[[ Records supplied open ]]
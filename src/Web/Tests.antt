-- ===== src/Web/Tests.antt =====
-- Forms and visitors at a concrete database.
use xensus.Base.{◌≡◌, refl, true, false, none, some, [], Text, codes, text_eq, if◌then◌else◌}
use xensus.Config.{Access}
use xensus.Auth.{User}
use xensus.Api.Routes as Api
use xensus.Web.Page.{failed}
use xensus.Web.Routes.{Post, post_person, post_route}
use xensus.Web.Agreement.{Agree}
use xensus.Web.Parity.{as_request, post_route-Agree}
use xensus.Web.Landing.{nav_view, can_read, landing_path}
use xensus.Web.Navigation.{may_read, first_shown, landing_path-IsShown}
use xensus.Auth.Known.{Same}
use xensus.Auth.TestData.{authenticator, returning, cookie, bound}
use xensus.Api.Gates.{reader_of, get_person_associations}
use xensus.Web.Views.{View, stewards, base}
use xensus.Web.Rows.{Display}
use xensus.Web.Render.{page_files, parse_pages, new_renderer, render, Answers, render-IsComplete}
use xensus.Web.Visits.{get_person, get_systems, page_of, page_route, serve_page}
use xensus.Web.Visitors.{Gated, serve_page-IsGated}
use xensus.Web.Twins.{links_twins, Match}
use xensus.Web.Mirror.{page_of-Mirrors}
use xensus.Core.TestData.{flaky, steady, alice, book, at_rest}

abbrev signed_in : User
signed_in = record { oid = alice.oid; upn = alice.upn; tid = codes "contoso"; is_steward = true }

abbrev visitor : User
visitor = record signed_in { is_steward = false }

abbrev renaming : Post
renaming = post_person (codes "X-000001") (some (codes "Ada L."))

post_route-Agree_example :
    Agree
      (post_route
        (λ s. s)
        (codes "/persons/X-000001")
        renaming
        (some signed_in)
        (at_rest flaky book))
      (Api.route (as_request renaming) (some signed_in) (at_rest flaky book))
post_route-Agree_example =
    post_route-Agree (λ s. s) (codes "/persons/X-000001") renaming (some signed_in)
      (at_rest flaky book)

abbrev locked_persons : Access
locked_persons = record { steward_only = λ s. text_eq s (codes "persons") }

-- A display of the views' names alone.
abbrev named : Display
named = record {
  format_time = λ s. none;
  marshal = λ d. [];
  encode = λ vs. [];
  show = render (λ t v. some t) page_files 200;
}

abbrev all_open : Access
all_open = record { steward_only = λ s. false }

page_of-Mirrors_example :
    Match named
      (codes "oid-alice")
      (reader_of
        (λ d. [])
        (get_person_associations (codes "X-000001"))
        (some signed_in)
        (at_rest steady book)).0
      (page_of named all_open
        (get_person (codes "X-000001"))
        (some signed_in)
        (at_rest steady book)).0
page_of-Mirrors_example =
    page_of-Mirrors named all_open (λ d. []) (get_person (codes "X-000001"))
      (get_person_associations (codes "X-000001")) (some signed_in) (at_rest steady book)
      (λ _. refl) (links_twins (codes "X-000001"))

serve_page-IsGated_example :
    Same bound.session
      (serve_page authenticator named
        (λ s. s)
        []
        locked_persons
        (get_systems [])
        (returning cookie.value)
        bound).1.session
    × Gated authenticator locked_persons
        (some (codes "systems"))
        (returning cookie.value)
        bound
        (serve_page authenticator named
          (λ s. s)
          []
          locked_persons
          (get_systems [])
          (returning cookie.value)
          bound).0
serve_page-IsGated_example =
    serve_page-IsGated authenticator named (λ s. s) [] locked_persons (get_systems [])
      (returning cookie.value) bound

all_parsed : new_renderer (λ file. some file) ≡ some page_files
unfolding parse_pages
all_parsed = refl

abbrev no_stewards : View
no_stewards =
    stewards (record {
      base = base all_open (some visitor) (codes "Stewards");
      stewards = [];
      pending = [];
    })

render-IsComplete_example :
    (t : Text) × (some (codes "templates/stewards.html") ≡ some t)
    × Answers 200 (some t) (render (λ t v. some t) page_files 200 no_stewards)
render-IsComplete_example =
    render-IsComplete (λ file. some file) (λ t v. some t) page_files 200 no_stewards all_parsed

landing_path-IsShown_example :
    let nav = nav_view locked_persons (some visitor) in
    (nav ≡ record {
      show_persons = may_read locked_persons visitor (codes "persons");
      show_systems = may_read locked_persons visitor (codes "systems");
      show_stewards = may_read locked_persons visitor (codes "stewards");
      show_audit = may_read locked_persons visitor (codes "audit");
    })
    × (page_route named
          (λ s. s)
          []
          locked_persons
          (get_systems [])
          (some visitor)
          (at_rest steady book)
        ≡ (if nav.show_systems
            then page_of named locked_persons (get_systems []) (some visitor) (at_rest steady book)
            else (failed 403 (codes "steward role required"), at_rest steady book)))
    × (landing_path locked_persons (some visitor) ≡ first_shown nav)
landing_path-IsShown_example =
    landing_path-IsShown named (λ s. s) [] locked_persons visitor (get_systems [])
      (at_rest steady book)

-- A visitor who may not read persons is led to the systems.
leads_to_systems : first_shown (nav_view locked_persons (some visitor)) ≡ codes "/systems"
unfolding can_read text_eq
leads_to_systems = refl
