carrier_set_pid-at :
    (chann chann' : Carrier Request) (cli_id pid : ℕ) (c : Client)
    → get_elem? chann.client cli_id ≡ some c
    → carrier_set_pid chann cli_id pid ≡ some chann'
    → get_elem? chann'.client cli_id ≡ some (record c { pid = pid })
carrier_set_pid-at chann chann' cli_id pid c at run =
    let (clients, did, is) =
      >>=-eq-some (modify_at chann.client cli_id (λ client. record client { pid = pid })) _ run in
    let (was, there, now) =
      modify_at_self chann.client clients cli_id (λ client. record client { pid = pid }) did in
    ap (λ (x : Carrier Request). get_elem? x.client cli_id) (sym (some-injective _ _ is))
    ∙ now
    ∙ ap (λ (client : Client). some (record client { pid = pid }))
        (some-injective _ _ (sym there ∙ at))

-- The state of the client after an answer of `send`.
marked-kept :
    (chann chann' : Carrier Request) (cli_id : ℕ) (sent : ℤ)
    → (if ltb_ℤ (pos 0) sent then some chann else carrier_set_state chann cli_id error)
      ≡ some chann'
    → (chann'.last_n ≡ chann.last_n)
      × (carrier_get_state chann' cli_id
          ≡ (if ltb_ℤ (pos 0) sent then carrier_get_state chann cli_id else some error))
marked-kept chann chann' cli_id sent run = elim (Bool-cases (ltb_ℤ (pos 0) sent)) [
  | inl well ↦
      let is = some-injective _ _ (rw well at run) in
      rw well (
        ap (λ (x : Carrier Request). x.last_n) (sym is),
        ap (λ x. carrier_get_state x cli_id) (sym is),
      )
  | inr failed ↦
      let (clients, did, is) =
        >>=-eq-some (modify_at chann.client cli_id (λ c. record c { state = error })) _
          (rw failed at run) in
      let (before, at, now) =
        modify_at_self chann.client clients cli_id (λ c. record c { state = error }) did in
      rw failed (
        subst
          (λ (x : Carrier Request).
            (x.last_n ≡ chann.last_n) × (carrier_get_state x cli_id ≡ some error))
          (some-injective _ _ is) (refl, ap (λ c. c >>= λ client. some client.state) now))
]

module _ {F : Type 0} where
  -- The check for a failure that finds none leaves all as it is.
  data Checked (d : Daemon F) (w : World F) (cli_id : ℕ) : Bool → Daemon F → World F → Type 0 where
    well :
        (c : Client)
        → get_elem? d.chann.client cli_id ≡ some c
        → is_failed c.state ≡ false
        → Checked d w cli_id false d w
    removed :
        (c : Client) (d' : Daemon F) (w' : World F)
        → get_elem? d.chann.client cli_id ≡ some c
        → is_failed c.state ≡ true
        → get_elem? d'.chann.client cli_id ≡ some (record { state = empty; pid = 0 })
        → scheduler_delete d.sched w c.pid ≡ some (d'.sched, w')
        → d'.sent ≡ d.sent
        → Checked d w cli_id true d' w'

  daemon_check_for_fail-Checked :
      (d d' : Daemon F) (w w' : World F) (cli_id : ℕ) (failed : Bool)
      → daemon_check_for_fail d w cli_id ≡ some (failed, d', w')
      → Checked d w cli_id failed d' w'
  unfolding daemon_check_for_fail
  daemon_check_for_fail-Checked d d' w w' cli_id failed run =
      let (st, state, run1) = >>=-eq-some (carrier_get_state d.chann cli_id) _ run in
      let (c, at, is) = >>=-eq-some (get_elem? d.chann.client cli_id) _ state in
      let st_is = some-injective _ _ is in
      elim (Bool-cases (is_failed st)) [
        | inl fails ↦
            let run2 = rw fails at run1 in
            let (chann, emptied, run3) =
              >>=-eq-some (carrier_set_state d.chann cli_id empty) _ run2 in
            let (pid, owner, run4) = >>=-eq-some (carrier_get_pid chann cli_id) _ run3 in
            let ((sched, w1), deleted, run5) =
              >>=-eq-some (scheduler_delete d.sched w pid) _ run4 in
            let (chann', cleared, run6) = >>=-eq-some (carrier_set_pid chann cli_id 0) _ run5 in
            subst (λ (x : Bool × Daemon F × World F). Checked d w cli_id x.0 x.1 x.2)
              (some-injective _ _ run6)
              (removed c _ _ at (ap is_failed st_is ∙ fails)
                (carrier_set_pid-at chann chann' cli_id 0 _
                  (carrier_set_state-at d.chann chann cli_id empty c at emptied) cleared)
                (ap (λ p. scheduler_delete d.sched w p)
                    (some-injective _ _ (
                      sym (
                        ap (λ r. r >>= λ (client : Client). some client.pid)
                          (carrier_set_state-at d.chann chann cli_id empty c at emptied))
                      ∙ owner))
                  ∙ deleted)
                refl)
        | inr fine ↦
            subst (λ (x : Bool × Daemon F × World F). Checked d w cli_id x.0 x.1 x.2)
              (some-injective _ _ (rw fine at run1)) (well c at (ap is_failed st_is ∙ fine))
      ]

  module _ (fl : Floats F) (send : ℕ → Reply F → ℤ) where
    -- The turn of a client: it is gone, its tasks are deleted and its entry is emptied without a reply; or
    -- it has no request, and nothing changes; or its request is answered by one reply on top of those
    -- sent before, the request is taken as read, and the client is in the state of an error if sending
    -- failed.
    pub data Turn (d : Daemon F) (w : World F) (cli_id : ℕ) : Daemon F → World F → Type 0 where
      gone :
          (c : Client) (d' : Daemon F) (w' : World F)
          → get_elem? d.chann.client cli_id ≡ some c
          → is_failed c.state ≡ true
          → daemon_check_for_fail d w cli_id ≡ some (true, d', w')
          → get_elem? d'.chann.client cli_id ≡ some (record { state = empty; pid = 0 })
          → scheduler_delete d.sched w c.pid ≡ some (d'.sched, w')
          → d'.sent ≡ d.sent
          → Turn d w cli_id d' w'
      idle :
          (c : Client) (n : ℤ)
          → get_elem? d.chann.client cli_id ≡ some c
          → get_elem? d.chann.last_n cli_id ≡ some n
          → is_failed c.state ≡ false
          → is_connected c.state && ltb_ℤ (pos 0) n ≡ false
          → Turn d w cli_id d w
      served :
          (c : Client) (req : Request) (rep : Reply F) (d1 d' : Daemon F) (w' : World F)
          → get_elem? d.chann.client cli_id ≡ some c
          → is_connected c.state ≡ true
          → ((n : ℤ) × (get_elem? d.chann.last_n cli_id ≡ some n) × (ltb_ℤ (pos 0) n ≡ true))
          → get_elem? d.chann.last_req cli_id ≡ some req
          → respond fl req.req_type d w cli_id ≡ some (rep, d1, w')
          → d'.sched ≡ d1.sched
          → d'.sent ≡ (cli_id, rep) ∷ d.sent
          → get_elem? d'.chann.last_n cli_id ≡ some (pos 0)
          → carrier_get_state d'.chann cli_id ≡ (
              if ltb_ℤ (pos 0) (send cli_id rep)
              then carrier_get_state d1.chann cli_id
              else some error)
          → Turn d w cli_id d' w'

    -- The reply to the request of a client, before the request is cleared.
    data Processed (d : Daemon F) (w : World F) (cli_id : ℕ) : ℤ → Daemon F → World F → Type 0 where
      processed :
          (req : Request) (rep : Reply F) (d1 : Daemon F) (w1 : World F)
          → get_elem? d.chann.last_req cli_id ≡ some req
          → respond fl req.req_type d w cli_id ≡ some (rep, d1, w1)
          → Processed d w cli_id (send cli_id rep) (record d1 { sent = (cli_id, rep) ∷ d1.sent }) w1

    daemon_process_req-Processed :
        (d d2 : Daemon F) (w after : World F) (cli_id : ℕ) (sent : ℤ)
        → daemon_process_req fl send d w cli_id ≡ some (sent, d2, after)
        → Processed d w cli_id sent d2 after
    unfolding daemon_process_req
    daemon_process_req-Processed d d2 w after cli_id sent run =
        let (req, has_req, run1) = >>=-eq-some (carrier_get_req d.chann cli_id) _ run in
        let ((rep, d1, w1), answered, run2) =
          >>=-eq-some (respond fl req.req_type d w cli_id) _ run1 in
        subst (λ (x : ℤ × Daemon F × World F). Processed d w cli_id x.0 x.1 x.2)
          (some-injective _ _ run2) (processed req rep d1 w1 has_req answered)

    -- What is left to do for an answered request.
    finish-Turn :
        (d d2 d' : Daemon F) (w after w' : World F) (cli_id : ℕ) (c : Client) (n sent : ℤ)
        → get_elem? d.chann.client cli_id ≡ some c
        → get_elem? d.chann.last_n cli_id ≡ some n
        → is_connected c.state && ltb_ℤ (pos 0) n ≡ true
        → Processed d w cli_id sent d2 after
        → ◌≡◌ {A = Option (Daemon F × World F)}
            (carrier_req_clear d2.chann cli_id >>= λ chann.
              (if ltb_ℤ (pos 0) sent then some chann else carrier_set_state chann cli_id error)
              >>= λ chann'. some (record d2 { chann = chann' }, after))
            (some (d', w'))
        → Turn d w cli_id d' w'
    finish-Turn d _ d' w _ w' cli_id c n _ at at_n ready
          (processed req rep d1 after has_req answered) run =
        let (chann, cleared, run1) = >>=-eq-some (carrier_req_clear d1.chann cli_id) _ run in
        let (chann', ended, run2) =
          >>=-eq-some
            (if ltb_ℤ (pos 0) (send cli_id rep)
              then some chann
              else carrier_set_state chann cli_id error)
            _ run1 in
        let (zeroed, same_client) = carrier_req_clear-kept d1.chann chann cli_id cleared in
        let (same_n, marked) = marked-kept chann chann' cli_id (send cli_id rep) ended in
        subst (λ (x : Daemon F × World F). Turn d w cli_id x.0 x.1) (some-injective _ _ run2)
          (served c req rep d1 _ after at (ground arith) (n, at_n, ground arith) has_req answered
            refl
            (ap (λ s. (cli_id, rep) ∷ s)
              (respond-Handled fl req.req_type d d1 w after cli_id rep answered).sent)
            (ap (λ ns. get_elem? ns cli_id) same_n ∙ zeroed)
            (marked
              ∙ ap
                  (λ (clients : List Client).
                    if ltb_ℤ (pos 0) (send cli_id rep)
                    then (get_elem? clients cli_id >>= λ client. some client.state)
                    else some error)
                  same_client))

    after_check :
        (d d1 d' : Daemon F) (w w1 w' : World F) (cli_id : ℕ) (failed : Bool)
        → daemon_check_for_fail d w cli_id ≡ some (failed, d1, w1)
        → Checked d w cli_id failed d1 w1
        → ◌≡◌ {A = Option (Daemon F × World F)}
            (if failed
              then some (d1, w1)
              else (daemon_check_for_update d1 cli_id >>= λ updated.
                  if not updated
                  then some (d1, w1)
                  else (daemon_process_req fl send d1 w1 cli_id >>= λ (sent, d2, after).
                      carrier_req_clear d2.chann cli_id >>= λ chann.
                      (if ltb_ℤ (pos 0) sent
                        then some chann
                        else carrier_set_state chann cli_id error)
                      >>= λ chann'. some (record d2 { chann = chann' }, after))))
            (some (d', w'))
        → Turn d w cli_id d' w'
    unfolding daemon_check_for_update daemon_process_req
    after_check d _ d' w _ w' cli_id _ was (removed c d1 w1 at fails emptied deleted same) run =
        subst (λ (x : Daemon F × World F). Turn d w cli_id x.0 x.1) (some-injective _ _ run)
          (gone c d1 w1 at fails was emptied deleted same)
    after_check d _ d' w _ w' cli_id _ was (well c at fine) run =
        let (updated, has, run1) = >>=-eq-some (daemon_check_for_update d cli_id) _ run in
        let (is_new, new, run2) = >>=-eq-some (carrier_is_updated d.chann cli_id) _ has in
        let (n, at_n, new_is) = >>=-eq-some (get_elem? d.chann.last_n cli_id) _ new in
        let (st, state, upd) = >>=-eq-some (carrier_get_state d.chann cli_id) _ run2 in
        let (c', at', st_is) = >>=-eq-some (get_elem? d.chann.client cli_id) _ state in
        let same : c' ≡ c = some-injective _ _ (sym at' ∙ at) in
        let ready : is_connected c.state && ltb_ℤ (pos 0) n ≡ updated =
          ap₂ (λ x y. is_connected x && y) (ap (λ x. x.state) (sym same) ∙ some-injective _ _ st_is)
            (some-injective _ _ new_is)
          ∙ some-injective _ _ upd in
        elim (Bool-cases updated) [
          | inl new ↦
              let ((sent, d2, after), did, run3) =
                >>=-eq-some (daemon_process_req fl send d w cli_id) _ (rw new at run1) in
              finish-Turn d d2 d' w after w' cli_id c n sent at at_n (ready ∙ new)
                (daemon_process_req-Processed d d2 w after cli_id sent did) run3
          | inr nothing ↦
              subst (λ (x : Daemon F × World F). Turn d w cli_id x.0 x.1)
                (some-injective _ _ (rw nothing at run1)) (idle c n at at_n fine (ready ∙ nothing))
        ]

    -- If `rtf_daemon_handle_req` does not fault, the client got its turn. A client whose connection ended
    -- or failed is removed without a reply: `rtf_scheduler_delete` ran for its process, and its entry is
    -- empty with the process number 0. One without a new request changes nothing. A new request of a
    -- connected client is answered by its handler's reply, the only one added to those sent before;
    -- nothing is left to be read from the client, and its state is an error if the reply was not sent.
    pub daemon_handle_req-Turn :
        (d d' : Daemon F) (w w' : World F) (cli_id : ℕ)
        → daemon_handle_req fl send d w cli_id ≡ some (d', w')
        → Turn d w cli_id d' w'
    unfolding daemon_handle_req
    daemon_handle_req-Turn d d' w w' cli_id run =
        let ((failed, d1, w1), checked, rest) =
          >>=-eq-some (daemon_check_for_fail d w cli_id) _ run in
        after_check d d1 d' w w1 w' cli_id failed checked
          (daemon_check_for_fail-Checked d d1 w w1 cli_id failed checked) rest
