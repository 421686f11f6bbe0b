-- ===== src/Vector/Erasure.antt =====
-- daemon/vector.c: `vector_erase_multi` and `vector_pop_back`.
use retif.Common.{
  ℕ, zero, suc, length, length-append, subst, ◌+◌, ◌-◌, ◌*◌, ◌^◌, ◌≤◌, ◌<◌, Bool, true, false,
  Option, some, List, ◌++◌, [], ◌∷◌, take, drop, ltb, leb, ◌==◌, ◌≡◌, ◌∙◌, refl, sym, ap, ap₂,
  arith,
}
use mathlib.Core.List.{append-nil, head-eq_of_cons-eq, tail-eq_of_cons-eq}
use mathlib.Core.Option.{some-injective}
use native.Mathlib.Nat.{mul-le-mul_right}
use retif.Vector.{
  Vector, overwrite, move_within, vector_erase_multi, vector_erase, vector_pop_back,
  vector_push_back,
}
use retif.Vector.Elements.{
  IsValid, elements, tabulate, tabulate-same, tabulate-append, take-tabulate, drop-tabulate,
  overwrite-before, overwrite-inside, addr_diff-elements, elements-div, gap-mul,
}
use retif.Vector.Insertion.{Appended, appended, out_of_memory, vector_push_back-Appended}

the_gap : (n : ℕ) → 0 < n → n - (n - 1 + 1) ≡ 0
the_gap n lt = omega arith

module _ {A : Type 0} where
  -- The vector without the elements from `first` to before `last`.
  pub record Erased (v : Vector A) (first last : ℕ) : Type 0 where
    pub after : Vector A
    pub returned : vector_erase_multi v first last ≡ some (0, after)
    pub valid : IsValid after
    pub left : elements after ≡ take first (elements v) ++ drop last (elements v)

  erased_cells :
      (v : Vector A) (first last : ℕ)
      → first ≤ last
      → last ≤ v.size
      → tabulate
          (v.size - (last - first))
          (overwrite v.cells first (v.size - last) (λ i. v.cells (last + i)))
        ≡ take first (elements v) ++ drop last (elements v)
  erased_cells v first last le within =
      let new = λ (i : ℕ). v.cells (last + i) in
      let n : v.size - (last - first) ≡ first + (v.size - last) = omega arith in
      ap (λ k. tabulate k (overwrite v.cells first (v.size - last) new)) n
      ∙ tabulate-append first (v.size - last) (overwrite v.cells first (v.size - last) new)
      ∙ ap₂ (λ xs ys. xs ++ ys)
          (tabulate-same first (overwrite v.cells first (v.size - last) new) v.cells
              (λ i lt. overwrite-before v.cells first (v.size - last) new i lt)
            ∙ sym (take-tabulate first v.size v.cells (omega (arith, le, within))))
          (tabulate-same (v.size - last)
              (λ i. overwrite v.cells first (v.size - last) new (first + i)) new
              (λ i lt. overwrite-inside v.cells first (v.size - last) new i lt)
            ∙ sym (drop-tabulate last v.size v.cells within))

  erased-IsValid :
      (v : Vector A) (first last : ℕ) (cells : ℕ → A)
      → IsValid v
      → IsValid (record v { size = v.size - (last - first); cells = cells })
  erased-IsValid v first last cells h = record {
    has_size = h.has_size;
    fits = omega (arith, h.fits);
    small = h.small;
  }

  -- In a valid vector, `vector_erase_multi` of a range within it never faults and returns 0; exactly the
  -- elements of the range are gone, the others keep their order, and the vector is valid.
  pub vector_erase_multi-Erased :
      (v : Vector A) (first last : ℕ)
      → IsValid v
      → first < last
      → last ≤ v.size
      → Erased v first last
  unfolding vector_erase_multi move_within
  vector_erase_multi-Erased v first last h lt within =
      let le : first ≤ last = omega arith in
      let end_small : v.size * v.item_size ≤ v.capacity * v.item_size =
        mul-le-mul_right v.item_size h.fits in
      let below64 : v.size * v.item_size < 2 ^ 64 = omega (arith, end_small, h.small) in
      let bytes = addr_diff-elements last v.size v.item_size within below64 in
      let gap = gap-mul last v.size v.item_size within in
      let lower : first * v.item_size ≤ last * v.item_size = mul-le-mul_right v.item_size le in
      let t1 : (first == last) ≡ false = ground arith in
      let t2 : ltb last first ≡ false = ground arith in
      let t3 : ltb v.size last ≡ false = ground arith in
      let t4 : leb (first * v.item_size + (v.size - last) * v.item_size) (v.capacity * v.item_size)
          ≡ true =
        ground (arith, gap, lower, end_small) in
      let t5 : leb (last * v.item_size + (v.size - last) * v.item_size) (v.capacity * v.item_size)
          ≡ true =
        ground (arith, gap, end_small) in
      record {
        after = record v {
          size = v.size - (last - first);
          cells = overwrite v.cells first (v.size - last) (λ i. v.cells (last + i));
        };
        returned =
            rw (t1, t2, t3, bytes, t4, t5, elements-div (v.size - last) v.item_size h.has_size)
              refl;
        valid = erased-IsValid v first last _ h;
        left = erased_cells v first last le within;
      }

  -- The last value is copied out and the others are left.
  pub record Popped (v : Vector A) (value : A) (others : List A) : Type 0 where
    pub after : Vector A
    pub returned : vector_pop_back v ≡ some (some value, 0, after)
    pub valid : IsValid after
    pub left : elements after ≡ others

  length-tabulate : (n : ℕ) (f : ℕ → A) → length (tabulate n f) ≡ n
  length-tabulate zero f = refl
  length-tabulate (suc n) f = ap suc (length-tabulate n (λ i. f (suc i)))

  last-tabulate : (n : ℕ) (f : ℕ → A) → 0 < n → tabulate n f ≡ tabulate (n - 1) f ++ f (n - 1) ∷ []
  last-tabulate n f lt =
      let is : n ≡ n - 1 + 1 = omega arith in
      let same : n - 1 + 0 ≡ n - 1 = omega arith in
      ap (λ k. tabulate k f) is
      ∙ tabulate-append (n - 1) 1 f
      ∙ ap (λ i. tabulate (n - 1) f ++ f i ∷ []) same

  snoc-injective : (xs ys : List A) (x y : A) → xs ++ x ∷ [] ≡ ys ++ y ∷ [] → (xs ≡ ys) × (x ≡ y)
  snoc-injective [] [] x y e = (refl, head-eq_of_cons-eq e)
  snoc-injective [] (b ∷ ys) x y e = absurd (omega (arith, ap length e, length-append ys (y ∷ [])))
  snoc-injective (a ∷ xs) [] x y e = absurd (omega (arith, ap length e, length-append xs (x ∷ [])))
  snoc-injective (a ∷ xs) (b ∷ ys) x y e =
      let (same, last) = snoc-injective xs ys x y (tail-eq_of_cons-eq e) in
      (ap₂ (λ z zs. z ∷ zs) (head-eq_of_cons-eq e) same, last)

  -- `vector_pop_back` on a valid vector whose elements are `others` and then `value` never faults: it
  -- copies `value` out, returns 0, and leaves the elements `others` in a valid vector.
  pub vector_pop_back-Popped :
      (v : Vector A) (value : A) (others : List A)
      → IsValid v
      → elements v ≡ others ++ value ∷ []
      → Popped v value others
  unfolding vector_pop_back vector_erase
  vector_pop_back-Popped v value others h are =
      let some_left : 0 < v.size =
        omega (
          arith,
          length-tabulate v.size v.cells,
          ap length are,
          length-append others (value ∷ []),
        ) in
      let up : v.size ≡ v.size - 1 + 1 = omega arith in
      let e =
        vector_erase_multi-Erased v (v.size - 1) (v.size - 1 + 1) h (omega arith) (omega arith) in
      let no : ltb v.size 1 ≡ false = ground arith in
      let (same, last) =
        snoc-injective (tabulate (v.size - 1) v.cells) others (v.cells (v.size - 1)) value
          (sym (last-tabulate v.size v.cells some_left) ∙ are) in
      record {
        after = e.after;
        returned = rw (no, e.returned, last) refl;
        valid = e.valid;
        left =
            e.left
            ∙ ap₂ (λ xs ys. xs ++ ys) (take-tabulate (v.size - 1) v.size v.cells (omega arith))
                (drop-tabulate (v.size - 1 + 1) v.size v.cells (omega arith)
                  ∙ ap (λ k. tabulate k (λ i. v.cells (v.size - 1 + 1 + i)))
                      (the_gap v.size some_left))
            ∙ append-nil (tabulate (v.size - 1) v.cells)
            ∙ same;
      }

  pushed :
      (v v' : Vector A) (value : A) (r : Option (ℕ × Vector A))
      → Appended v (value ∷ []) r
      → r ≡ some (0, v')
      → IsValid v' × (elements v' ≡ elements v ++ value ∷ [])
  pushed v v' value _ (appended after valid same_size are) e =
      subst (λ (x : ℕ × Vector A). IsValid x.1 × (elements x.1 ≡ elements v ++ value ∷ []))
        (some-injective _ _ e) (valid, are)
  pushed v v' value _ out_of_memory e = absurd (cc)

  -- A value that `vector_push_back` has put into a valid vector is what `vector_pop_back` returns next,
  -- and the elements are again those before the push. The hypotheses on sizes are that no block and no
  -- element has 2 ^ 63 bytes or more.
  pub vector_pop_back-push_back :
      (grant : ℕ → Bool) (v v' : Vector A) (value : A)
      → IsValid v
      → ((m : ℕ) → grant m ≡ true → m * v.item_size < 2 ^ 63)
      → v.item_size < 2 ^ 63
      → vector_push_back grant v value ≡ some (0, v')
      → Popped v' value (elements v)
  vector_pop_back-push_back grant v v' value h small one run =
      let (valid, are) =
        pushed v v' value _ (vector_push_back-Appended grant v value h small one) run in
      vector_pop_back-Popped v' value (elements v) valid are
[[ Records supplied closed ]]
> **Work instruction**
Give again, exactly as written, every line from the first one above through the line that has "encode = λ vs. [];" in it.

> **Solution to the problem**
filename src/Web/Tests.antt
-- ===== src/Web/Tests.antt =====
-- Forms and visitors at a concrete database.
use xensus.Base.{◌≡◌, refl, true, false, none, some, [], Text, codes, text_eq, if◌then◌else◌}
use xensus.Config.{Access}
use xensus.Auth.{User}
use xensus.Api.Routes as Api
use xensus.Web.Page.{failed}
use xensus.Web.Routes.{Post, post_person, post_route}
use xensus.Web.Agreement.{Agree}
use xensus.Web.Parity.{as_request, post_route-Agree}
use xensus.Web.Landing.{nav_view, can_read, landing_path}
use xensus.Web.Navigation.{may_read, first_shown, landing_path-IsShown}
use xensus.Auth.Known.{Same}
use xensus.Auth.TestData.{authenticator, returning, cookie, bound}
use xensus.Api.Gates.{reader_of, get_person_associations}
use xensus.Web.Views.{View, stewards, base}
use xensus.Web.Rows.{Display}
use xensus.Web.Render.{page_files, parse_pages, new_renderer, render, Answers, render-IsComplete}
use xensus.Web.Visits.{get_person, get_systems, page_of, page_route, serve_page}
use xensus.Web.Visitors.{Gated, serve_page-IsGated}
use xensus.Web.Twins.{links_twins, Match}
use xensus.Web.Mirror.{page_of-Mirrors}
use xensus.Core.TestData.{flaky, steady, alice, book, at_rest}

abbrev signed_in : User
signed_in = record { oid = alice.oid; upn = alice.upn; tid = codes "contoso"; is_steward = true }

abbrev visitor : User
visitor = record signed_in { is_steward = false }

abbrev renaming : Post
renaming = post_person (codes "X-000001") (some (codes "Ada L."))

post_route-Agree_example :
    Agree
      (post_route
        (λ s. s)
        (codes "/persons/X-000001")
        renaming
        (some signed_in)
        (at_rest flaky book))
      (Api.route (as_request renaming) (some signed_in) (at_rest flaky book))
post_route-Agree_example =
    post_route-Agree (λ s. s) (codes "/persons/X-000001") renaming (some signed_in)
      (at_rest flaky book)

abbrev locked_persons : Access
locked_persons = record { steward_only = λ s. text_eq s (codes "persons") }

-- A display of the views' names alone.
abbrev named : Display
named = record {
  format_time = λ s. none;
  marshal = λ d. [];
  encode = λ vs. [];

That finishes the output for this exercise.